Ainsi, la méconnaissance de l’obligation de prévention entraine donc un préjudice réparable distinct du préjudice résultant du harcèlement moral.
La Cour de cassation a récemment confirmé ce point dans d’une décision du 19 novembre 2014.
Dès lors, la victime de harcèlement moral peut être indemnisée au titre du préjudice résultant du harcèlement moral en lui-même mais également au titre du préjudice résultant de la méconnaissance de l’obligation de prévention de l’employeur (Cass. Soc., 19 novembre 2014, n°13-17.729).
En l’espèce, un salarié embauché en tant qu’aide conducteur a démissionné après avoir subi des agissements de harcèlement moral.
L’employeur avait organisé à la suite de cet incident une réunion d’apaisement au cours de laquelle le supérieur hiérarchique, auteur des agissements de harcèlement moral, avait présenté des excuses, puis a procédé à la mutation du salarié sans que cela emporte une rétrogradation. L’employeur avait également mis en place une cellule visant à prévenir les risques psychosociaux. Cependant, le salarié avait tout de même démissionné.
Quelques mois plus tard, le salarié saisissait le Conseil des prud’hommes pour voir requalifier sa démission en licenciement sans cause réelle et sérieuse et obtenir la condamnation de l’employeur à lui verser diverses sommes au titre de la rupture de son contrat de travail et de l’indemnisation du harcèlement moral.
La Cour d’appel a alors condamné l’employeur à réparer le dommage résultant de la violation de son obligation de sécurité de résultat et le dommage résultant du harcèlement lui-même.
La Haute juridiction a confirmé le raisonnement des juges du fond : « mais attendu que l’employeur, tenu d’une obligation de sécurité de résultat en matière de protection de la santé et de la sécurité des travailleurs, manque à cet obligation, lorsqu’un salarié est victime sur le lieu de travail d’agissements de harcèlement moral ou sexuel exercés par l’un ou l’autre de ses salariés, quand bien même il aurait pris des mesures en vue de faire cesser ces agissements.
Et attendu que la Cour d’appel a alloué des sommes distinctes correspondant au préjudice résultant d’une part de l’absence de prévention par l’employeur des faits de harcèlement et d’autre part des conséquences du harcèlement effectivement subi,
D’où il suit que le moyen n’est pas fondé ».
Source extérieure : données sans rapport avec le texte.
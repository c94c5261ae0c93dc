-- ===== src/Tests/ToyWire.antt =====
-- A wire with two messages, whose server keeps the keys of what is appended to it.
use mathlib.Core.Path.{subst}
use umleitung.Base.{
  ℕ, ◌≡◌, refl, sym, Bool, true, false, Option, none, some, List, [], ◌∷◌, map, All, ◌==◌ as nat_eq,
  if◌then◌else◌,
}
use umleitung.Base.Text.{Text, codes, contains, ℤ, pos, trim_space, ◌==◌}
use umleitung.Base.Exec.{ok, pure}
use umleitung.Key.{dedup_key}
use umleitung.State.Tables.{empty_db}
use umleitung.Env.{Env, World}
use umleitung.Imap.Wire.{Wire, Criteria, FetchBuffer}
use umleitung.Imap.Criteria.Laws.{matches}
use umleitung.Imap.Client.{dialled}
use umleitung.Imap.Fetch.{meta_of, parse_meta_header}
use umleitung.Imap.Link.{imap_env}
use umleitung.Imap.Laws.{WireDestLaws, WireSourceLaws}
use umleitung.Imap.Laws.Provide.{date_of}
use umleitung.Tests.Toy.{hex, keep, ok-injective, Holds-more, Holds-first, toy, start}

abbrev body_one : FetchBuffer
body_one = record {
  uid = 1;
  section = codes "one@x";
  internal_date = pos 10;
  rfc822_size = 5;
  flags = [];
}

abbrev body_two : FetchBuffer
body_two = record {
  uid = 2;
  section = codes "two@x";
  internal_date = pos 20;
  rfc822_size = 5;
  flags = [];
}

-- a header is the text of its Message-ID
abbrev pub fields : Text → Text → Text
fields text name = if name == codes "Message-Id" then text else []

abbrev pub sent_key : Text → Option ℤ → Text
sent_key raw time = trim_space raw

abbrev pub Pending : Type 0
Pending = Option ℤ × Text

abbrev pub key_of : Pending → Text
key_of a = sent_key a.1 a.0

abbrev stored_in : List Text → FetchBuffer → Bool
stored_in s b = contains s (sent_key b.section none)

abbrev wanted : List ℕ → FetchBuffer → Bool
wanted [] b = false
wanted (u ∷ us) b = if nat_eq u b.uid then true else wanted us b

-- SEARCH: a header field contains a text if it is the text
abbrev meets : FetchBuffer → Criteria → Bool
meets b q = matches (λ key value. fields b.section key == value) q

abbrev pub uids_met : Criteria → List ℕ
uids_met q = map (λ b. b.uid) (keep (λ b. meets b q) (body_one ∷ body_two ∷ []))

abbrev pub toy_wire : Wire
toy_wire = record {
  Conn = List Text;
  Command = Pending;
  connect = pure tt;
  wildcard = codes "\\*";
  read_header = λ text. some (fields text);
  has_special_use = λ c. (true, c);
  select =
      λ f. pure (record { uid_validity = 7; uid_next = 3; num_messages = 2; permanent_flags = [] });
  create = λ f. pure tt;
  idle = pure tt;
  list = λ b. pure [];
  uid_search = λ q. pure (uids_met q);
  fetch_headers = λ us c. ((keep (stored_in c) (body_one ∷ body_two ∷ []), none), c);
  fetch_bodies = λ us c. ((keep (wanted us) (body_one ∷ body_two ∷ []), none), c);
  append = λ f n flags time c. ((time, []), c);
  write = λ a raw. pure (a.0, raw);
  close = λ a. pure tt;
  wait = λ a c. (ok tt, key_of a ∷ c);
  move = λ us f. pure tt;
  store = λ us add flags. pure tt;
}

abbrev pub HoldsKey : Text → List Text → Type 0
HoldsKey k s = contains s k ≡ true

abbrev pub key_at : List Text → ℕ → Text
key_at c u = if nat_eq u 1 then sent_key body_one.section none else sent_key body_two.section none

carried_key :
    (time : Option ℤ) (raw : Text) (a : Pending)
    → ok (time, raw) ≡ ok a
    → key_of a ≡ sent_key raw time
carried_key time raw a e =
    subst (λ (b : Pending). key_of b ≡ sent_key raw time) (ok-injective (time, raw) a e) refl

All-both :
    (P : FetchBuffer → Type 0) (p : FetchBuffer → Bool)
    → (p body_one ≡ true → P body_one)
    → (p body_two ≡ true → P body_two)
    → All P (keep p (body_one ∷ body_two ∷ []))
All-both P p h k = go (p body_one) (p body_two) h k
  where
    go :
        (a b : Bool)
        → (a ≡ true → P body_one)
        → (b ≡ true → P body_two)
        → All P (
            if a
            then body_one ∷ (if b then body_two ∷ [] else [])
            else (if b then body_two ∷ [] else []))
    go true true h k = (h refl, (k refl, tt))
    go true false h k = (h refl, tt)
    go false true h k = (k refl, tt)
    go false false h k = tt

key_one : dedup_key hex (meta_of toy_wire body_one) ≡ sent_key body_one.section none
unfolding dedup_key meta_of parse_meta_header trim_space ◌==◌
key_one = refl

key_two : dedup_key hex (meta_of toy_wire body_two) ≡ sent_key body_two.section none
unfolding dedup_key meta_of parse_meta_header trim_space ◌==◌
key_two = refl

pub toy_wire-WireDestLaws : WireDestLaws toy_wire hex HoldsKey key_of sent_key
toy_wire-WireDestLaws = record {
  connect_keeps = λ k c h. h;
  select_keeps = λ f k c h. h;
  create_keeps = λ f k c h. h;
  search_keeps = λ q k c h. h;
  headers_keeps = λ us k c h. h;
  append_keeps = λ f n flags time k c h. h;
  write_keeps = λ a raw k c h. h;
  close_keeps = λ a k c h. h;
  wait_keeps = λ a k c. Holds-more (key_of a) k c;
  move_keeps = λ us f k c h. h;
  store_keeps = λ us add flags k c h. h;
  shown = λ us c.
      All-both _ (stored_in c) (subst (λ k. HoldsKey k c) (sym key_one))
        (subst (λ k. HoldsKey k c) (sym key_two));
  carried = λ f n flags time raw c. carried_key time raw;
  stored = λ a c e. Holds-first (key_of a) c;
}

pub toy_wire-WireSourceLaws : WireSourceLaws toy_wire hex key_at sent_key date_of
toy_wire-WireSourceLaws = record {
  shown = λ us c. All-both _ (stored_in c) (λ e. key_one) (λ e. key_two);
  bodies = λ us c. All-both _ (wanted us) (λ e f. refl) (λ e f. refl);
}

abbrev pub wire_env : Env
wire_env = imap_env toy_wire toy.names hex toy.faults toy.done toy.now

abbrev pub wire_start : World wire_env
wire_start = record {
  conn = record {
    db = record empty_db {
      copied = record { key = sent_key body_one.section none; uid = 1; copied_at = 0 } ∷ [];
    };
    calls = 0;
  };
  src = dialled toy_wire (codes "All") [];
  dst = dialled toy_wire (codes "INBOX") (sent_key body_one.section none ∷ []);
  sum = start.sum;
  polls = 0;
}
Dès lors que des agissements constitutifs de harcèlement surviennent au sein de l’entreprise, l’employeur manque à son obligation de prévention même s’il prend des mesures visant à faire cesser les agissements. Et, cette violation donne lieu à réparation d’un préjudice distinct du préjudice résultant des conséquences du harcèlement en lui-même.